* PROBLEM TO SOLVE
Report only how many lines below include "missed".

* EXERCISE DATA
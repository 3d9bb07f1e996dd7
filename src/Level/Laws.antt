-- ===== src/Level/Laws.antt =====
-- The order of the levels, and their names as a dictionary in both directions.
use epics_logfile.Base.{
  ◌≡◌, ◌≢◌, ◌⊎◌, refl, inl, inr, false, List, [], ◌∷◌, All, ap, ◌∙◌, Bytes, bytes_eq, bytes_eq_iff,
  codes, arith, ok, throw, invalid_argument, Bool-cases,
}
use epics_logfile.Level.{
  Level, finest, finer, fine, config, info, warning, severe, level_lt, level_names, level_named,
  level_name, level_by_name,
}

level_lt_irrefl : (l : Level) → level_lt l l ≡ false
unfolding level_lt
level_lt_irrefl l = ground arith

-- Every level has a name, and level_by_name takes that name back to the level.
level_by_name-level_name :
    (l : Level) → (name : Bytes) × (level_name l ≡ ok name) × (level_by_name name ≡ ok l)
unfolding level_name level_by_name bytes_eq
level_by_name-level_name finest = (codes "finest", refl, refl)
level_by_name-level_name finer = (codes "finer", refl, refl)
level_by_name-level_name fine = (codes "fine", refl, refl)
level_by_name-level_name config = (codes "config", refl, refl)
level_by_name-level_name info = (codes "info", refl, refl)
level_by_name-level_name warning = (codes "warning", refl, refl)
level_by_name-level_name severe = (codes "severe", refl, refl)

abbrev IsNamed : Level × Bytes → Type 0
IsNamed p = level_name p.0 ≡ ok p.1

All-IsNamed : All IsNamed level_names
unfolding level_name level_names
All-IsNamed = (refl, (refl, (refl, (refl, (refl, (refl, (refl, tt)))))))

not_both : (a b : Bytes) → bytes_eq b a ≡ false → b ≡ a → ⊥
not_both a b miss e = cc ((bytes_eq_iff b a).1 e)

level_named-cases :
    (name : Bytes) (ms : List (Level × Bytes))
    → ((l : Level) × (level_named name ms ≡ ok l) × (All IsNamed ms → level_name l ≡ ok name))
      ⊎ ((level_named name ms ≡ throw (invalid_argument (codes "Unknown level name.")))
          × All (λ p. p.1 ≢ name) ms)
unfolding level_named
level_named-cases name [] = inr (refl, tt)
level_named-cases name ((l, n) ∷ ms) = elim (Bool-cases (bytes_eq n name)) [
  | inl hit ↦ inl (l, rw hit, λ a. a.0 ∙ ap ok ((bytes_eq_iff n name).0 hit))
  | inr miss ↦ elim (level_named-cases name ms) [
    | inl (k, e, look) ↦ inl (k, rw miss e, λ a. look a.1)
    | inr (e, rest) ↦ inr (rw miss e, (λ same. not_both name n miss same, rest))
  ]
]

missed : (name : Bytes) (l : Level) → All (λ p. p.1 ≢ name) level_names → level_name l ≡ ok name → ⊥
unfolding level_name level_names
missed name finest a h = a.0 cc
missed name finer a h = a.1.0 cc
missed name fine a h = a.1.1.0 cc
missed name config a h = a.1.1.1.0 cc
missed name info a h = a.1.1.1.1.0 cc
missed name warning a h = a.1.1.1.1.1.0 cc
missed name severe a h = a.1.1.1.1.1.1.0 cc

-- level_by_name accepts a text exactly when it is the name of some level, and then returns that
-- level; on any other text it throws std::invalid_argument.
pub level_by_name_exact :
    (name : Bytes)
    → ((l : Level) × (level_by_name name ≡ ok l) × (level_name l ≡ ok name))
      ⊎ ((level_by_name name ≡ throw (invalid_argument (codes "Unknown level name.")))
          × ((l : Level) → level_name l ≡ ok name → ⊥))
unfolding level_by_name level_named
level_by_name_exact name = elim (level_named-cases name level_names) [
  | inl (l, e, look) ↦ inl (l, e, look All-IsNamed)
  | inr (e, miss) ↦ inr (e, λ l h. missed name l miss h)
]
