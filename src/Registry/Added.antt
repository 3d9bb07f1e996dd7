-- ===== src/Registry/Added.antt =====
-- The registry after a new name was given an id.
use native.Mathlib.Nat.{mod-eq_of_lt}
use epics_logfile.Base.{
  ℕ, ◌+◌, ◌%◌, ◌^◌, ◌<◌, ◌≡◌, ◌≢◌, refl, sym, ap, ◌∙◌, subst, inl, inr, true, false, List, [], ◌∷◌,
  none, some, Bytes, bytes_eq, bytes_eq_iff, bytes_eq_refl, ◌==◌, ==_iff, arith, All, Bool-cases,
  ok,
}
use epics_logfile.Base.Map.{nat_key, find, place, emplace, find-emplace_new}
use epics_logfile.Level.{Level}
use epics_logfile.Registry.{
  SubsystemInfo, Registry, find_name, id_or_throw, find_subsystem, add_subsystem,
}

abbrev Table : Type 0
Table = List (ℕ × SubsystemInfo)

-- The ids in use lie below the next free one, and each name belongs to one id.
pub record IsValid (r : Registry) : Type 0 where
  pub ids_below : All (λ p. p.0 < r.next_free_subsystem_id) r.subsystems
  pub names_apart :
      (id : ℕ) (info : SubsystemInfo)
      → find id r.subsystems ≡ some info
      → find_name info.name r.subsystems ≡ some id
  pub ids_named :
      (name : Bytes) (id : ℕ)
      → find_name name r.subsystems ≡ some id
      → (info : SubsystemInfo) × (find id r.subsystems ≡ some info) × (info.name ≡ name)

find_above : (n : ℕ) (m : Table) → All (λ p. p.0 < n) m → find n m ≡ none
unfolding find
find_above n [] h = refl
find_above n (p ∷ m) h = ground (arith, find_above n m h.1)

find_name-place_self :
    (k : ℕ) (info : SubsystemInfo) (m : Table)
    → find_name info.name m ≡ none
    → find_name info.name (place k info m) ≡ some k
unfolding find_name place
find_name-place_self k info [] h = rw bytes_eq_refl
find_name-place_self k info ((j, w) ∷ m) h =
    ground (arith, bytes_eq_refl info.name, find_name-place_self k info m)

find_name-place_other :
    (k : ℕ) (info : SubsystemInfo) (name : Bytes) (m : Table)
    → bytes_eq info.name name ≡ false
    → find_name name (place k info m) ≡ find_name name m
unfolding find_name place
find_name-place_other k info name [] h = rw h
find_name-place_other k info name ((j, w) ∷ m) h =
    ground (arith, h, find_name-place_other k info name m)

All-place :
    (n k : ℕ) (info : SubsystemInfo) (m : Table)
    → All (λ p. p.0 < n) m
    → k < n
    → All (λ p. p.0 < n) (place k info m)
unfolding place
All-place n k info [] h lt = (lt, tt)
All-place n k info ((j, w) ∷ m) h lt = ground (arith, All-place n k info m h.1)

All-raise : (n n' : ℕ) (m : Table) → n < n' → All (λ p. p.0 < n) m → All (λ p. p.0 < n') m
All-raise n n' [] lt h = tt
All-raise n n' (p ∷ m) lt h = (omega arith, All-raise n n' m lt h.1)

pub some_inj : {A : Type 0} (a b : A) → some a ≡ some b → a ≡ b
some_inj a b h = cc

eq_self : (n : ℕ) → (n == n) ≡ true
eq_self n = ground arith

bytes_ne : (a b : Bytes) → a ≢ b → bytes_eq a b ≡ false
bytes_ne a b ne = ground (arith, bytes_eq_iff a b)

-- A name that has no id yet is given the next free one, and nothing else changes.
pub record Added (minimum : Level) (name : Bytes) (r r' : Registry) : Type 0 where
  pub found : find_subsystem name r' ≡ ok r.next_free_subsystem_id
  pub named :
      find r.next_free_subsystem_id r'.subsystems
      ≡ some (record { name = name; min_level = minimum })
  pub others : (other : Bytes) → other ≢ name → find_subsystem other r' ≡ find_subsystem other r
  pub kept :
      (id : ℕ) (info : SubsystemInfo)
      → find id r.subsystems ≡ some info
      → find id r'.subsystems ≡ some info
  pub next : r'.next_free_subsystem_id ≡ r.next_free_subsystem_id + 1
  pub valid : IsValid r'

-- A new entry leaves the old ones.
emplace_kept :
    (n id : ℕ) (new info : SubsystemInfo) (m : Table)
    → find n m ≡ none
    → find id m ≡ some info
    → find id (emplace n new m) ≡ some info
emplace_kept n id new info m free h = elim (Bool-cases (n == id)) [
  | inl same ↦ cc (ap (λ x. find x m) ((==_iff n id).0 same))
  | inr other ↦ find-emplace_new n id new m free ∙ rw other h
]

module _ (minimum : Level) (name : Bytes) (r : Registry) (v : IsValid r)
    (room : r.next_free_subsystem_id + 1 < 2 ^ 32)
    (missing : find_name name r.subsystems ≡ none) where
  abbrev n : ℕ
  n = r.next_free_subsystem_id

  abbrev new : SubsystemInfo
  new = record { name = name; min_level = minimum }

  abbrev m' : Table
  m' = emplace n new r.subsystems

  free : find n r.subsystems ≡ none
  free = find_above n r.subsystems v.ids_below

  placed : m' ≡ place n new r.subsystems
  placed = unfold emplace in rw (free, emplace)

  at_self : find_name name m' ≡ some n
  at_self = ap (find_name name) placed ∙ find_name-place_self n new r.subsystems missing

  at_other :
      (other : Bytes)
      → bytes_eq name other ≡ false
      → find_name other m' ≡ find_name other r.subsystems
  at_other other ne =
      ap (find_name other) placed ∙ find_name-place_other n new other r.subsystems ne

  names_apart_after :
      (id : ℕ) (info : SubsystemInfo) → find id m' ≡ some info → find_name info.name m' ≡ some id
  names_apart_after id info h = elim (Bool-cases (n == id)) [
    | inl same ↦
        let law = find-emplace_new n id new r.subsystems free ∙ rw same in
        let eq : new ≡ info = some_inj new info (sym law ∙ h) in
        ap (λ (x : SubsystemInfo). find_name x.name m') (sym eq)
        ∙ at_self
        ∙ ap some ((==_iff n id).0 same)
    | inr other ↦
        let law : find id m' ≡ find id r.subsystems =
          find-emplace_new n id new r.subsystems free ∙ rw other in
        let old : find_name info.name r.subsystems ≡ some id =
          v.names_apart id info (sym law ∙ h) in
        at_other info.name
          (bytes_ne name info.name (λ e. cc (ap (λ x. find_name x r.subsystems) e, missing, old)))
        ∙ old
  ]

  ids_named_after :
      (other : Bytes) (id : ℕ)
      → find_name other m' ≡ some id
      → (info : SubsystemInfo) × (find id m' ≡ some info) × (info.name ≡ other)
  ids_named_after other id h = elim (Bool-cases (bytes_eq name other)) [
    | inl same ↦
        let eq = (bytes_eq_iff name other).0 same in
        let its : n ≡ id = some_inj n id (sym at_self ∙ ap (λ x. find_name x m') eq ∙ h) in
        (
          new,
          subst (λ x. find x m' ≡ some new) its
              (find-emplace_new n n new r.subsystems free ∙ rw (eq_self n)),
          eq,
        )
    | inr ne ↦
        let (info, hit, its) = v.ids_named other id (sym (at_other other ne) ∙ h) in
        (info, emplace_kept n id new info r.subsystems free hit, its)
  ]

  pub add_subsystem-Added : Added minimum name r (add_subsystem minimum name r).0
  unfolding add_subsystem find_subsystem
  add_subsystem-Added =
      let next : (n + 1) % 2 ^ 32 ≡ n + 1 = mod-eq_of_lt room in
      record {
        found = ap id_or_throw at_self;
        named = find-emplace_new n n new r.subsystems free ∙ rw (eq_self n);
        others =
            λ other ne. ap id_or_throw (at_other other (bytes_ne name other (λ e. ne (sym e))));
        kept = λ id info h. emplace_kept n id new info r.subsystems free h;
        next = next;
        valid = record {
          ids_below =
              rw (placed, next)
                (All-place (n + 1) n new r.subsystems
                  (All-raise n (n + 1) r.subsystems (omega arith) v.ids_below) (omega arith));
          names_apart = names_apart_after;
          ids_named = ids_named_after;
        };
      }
...
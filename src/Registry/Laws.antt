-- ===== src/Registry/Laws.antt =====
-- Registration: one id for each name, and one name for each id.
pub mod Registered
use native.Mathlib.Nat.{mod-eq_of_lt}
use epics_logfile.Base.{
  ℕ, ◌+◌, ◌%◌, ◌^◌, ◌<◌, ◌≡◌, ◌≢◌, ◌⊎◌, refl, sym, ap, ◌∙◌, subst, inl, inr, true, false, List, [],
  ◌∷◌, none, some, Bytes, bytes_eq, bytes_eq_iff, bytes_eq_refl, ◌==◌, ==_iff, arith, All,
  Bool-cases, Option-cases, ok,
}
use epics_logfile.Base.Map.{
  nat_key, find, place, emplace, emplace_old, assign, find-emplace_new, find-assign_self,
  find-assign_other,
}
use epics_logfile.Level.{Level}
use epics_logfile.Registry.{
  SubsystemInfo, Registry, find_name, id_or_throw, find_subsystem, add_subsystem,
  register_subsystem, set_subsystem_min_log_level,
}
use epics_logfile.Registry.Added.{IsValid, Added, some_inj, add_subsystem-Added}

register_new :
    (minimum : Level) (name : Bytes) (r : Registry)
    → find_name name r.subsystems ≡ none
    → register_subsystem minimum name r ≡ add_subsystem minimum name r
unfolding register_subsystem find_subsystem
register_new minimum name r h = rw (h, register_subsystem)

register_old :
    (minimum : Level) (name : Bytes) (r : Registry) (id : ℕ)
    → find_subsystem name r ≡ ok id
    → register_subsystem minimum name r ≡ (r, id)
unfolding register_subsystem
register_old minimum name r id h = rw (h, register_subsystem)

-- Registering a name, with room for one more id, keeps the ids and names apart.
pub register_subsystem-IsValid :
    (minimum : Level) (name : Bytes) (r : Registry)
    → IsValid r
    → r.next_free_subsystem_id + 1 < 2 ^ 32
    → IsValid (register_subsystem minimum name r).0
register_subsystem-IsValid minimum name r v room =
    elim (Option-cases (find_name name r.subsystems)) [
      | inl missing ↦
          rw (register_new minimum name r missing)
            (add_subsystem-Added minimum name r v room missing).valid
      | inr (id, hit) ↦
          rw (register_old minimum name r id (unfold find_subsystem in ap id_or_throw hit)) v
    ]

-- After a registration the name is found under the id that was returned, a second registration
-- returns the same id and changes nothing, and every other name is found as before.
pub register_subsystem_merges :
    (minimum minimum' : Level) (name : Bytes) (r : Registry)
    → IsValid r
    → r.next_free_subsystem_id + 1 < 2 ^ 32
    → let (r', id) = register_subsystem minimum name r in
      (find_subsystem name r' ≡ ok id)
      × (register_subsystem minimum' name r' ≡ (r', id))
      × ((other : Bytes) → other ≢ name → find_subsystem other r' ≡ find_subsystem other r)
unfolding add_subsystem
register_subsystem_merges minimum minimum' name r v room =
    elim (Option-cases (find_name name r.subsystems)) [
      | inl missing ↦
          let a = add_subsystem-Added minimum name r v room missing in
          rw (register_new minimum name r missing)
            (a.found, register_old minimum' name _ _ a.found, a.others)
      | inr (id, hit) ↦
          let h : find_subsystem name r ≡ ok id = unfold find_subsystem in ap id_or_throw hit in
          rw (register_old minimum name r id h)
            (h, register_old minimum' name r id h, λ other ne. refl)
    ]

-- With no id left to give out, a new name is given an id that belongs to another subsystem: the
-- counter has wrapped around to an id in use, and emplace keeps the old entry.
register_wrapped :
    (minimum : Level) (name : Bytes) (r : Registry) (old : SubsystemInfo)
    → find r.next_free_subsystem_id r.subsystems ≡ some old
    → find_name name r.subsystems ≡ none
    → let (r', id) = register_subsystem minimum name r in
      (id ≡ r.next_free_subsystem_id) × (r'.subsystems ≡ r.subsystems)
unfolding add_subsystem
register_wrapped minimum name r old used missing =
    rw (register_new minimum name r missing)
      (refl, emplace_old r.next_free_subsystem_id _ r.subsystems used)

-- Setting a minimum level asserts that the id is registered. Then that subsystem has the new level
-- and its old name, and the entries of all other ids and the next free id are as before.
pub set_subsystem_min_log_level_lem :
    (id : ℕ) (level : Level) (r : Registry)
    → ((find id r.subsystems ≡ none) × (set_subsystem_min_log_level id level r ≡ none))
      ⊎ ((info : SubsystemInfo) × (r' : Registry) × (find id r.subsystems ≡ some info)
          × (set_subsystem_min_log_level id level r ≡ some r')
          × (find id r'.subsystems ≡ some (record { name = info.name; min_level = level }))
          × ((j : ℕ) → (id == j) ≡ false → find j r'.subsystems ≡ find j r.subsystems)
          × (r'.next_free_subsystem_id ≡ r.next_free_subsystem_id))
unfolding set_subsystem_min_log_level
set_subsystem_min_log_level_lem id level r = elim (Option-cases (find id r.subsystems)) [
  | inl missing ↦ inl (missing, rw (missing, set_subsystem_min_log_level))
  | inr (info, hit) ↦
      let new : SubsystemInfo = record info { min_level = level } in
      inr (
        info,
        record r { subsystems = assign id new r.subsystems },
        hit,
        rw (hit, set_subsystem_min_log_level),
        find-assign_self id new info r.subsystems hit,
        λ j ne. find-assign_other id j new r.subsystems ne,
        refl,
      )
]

* TASK RESPONSE
9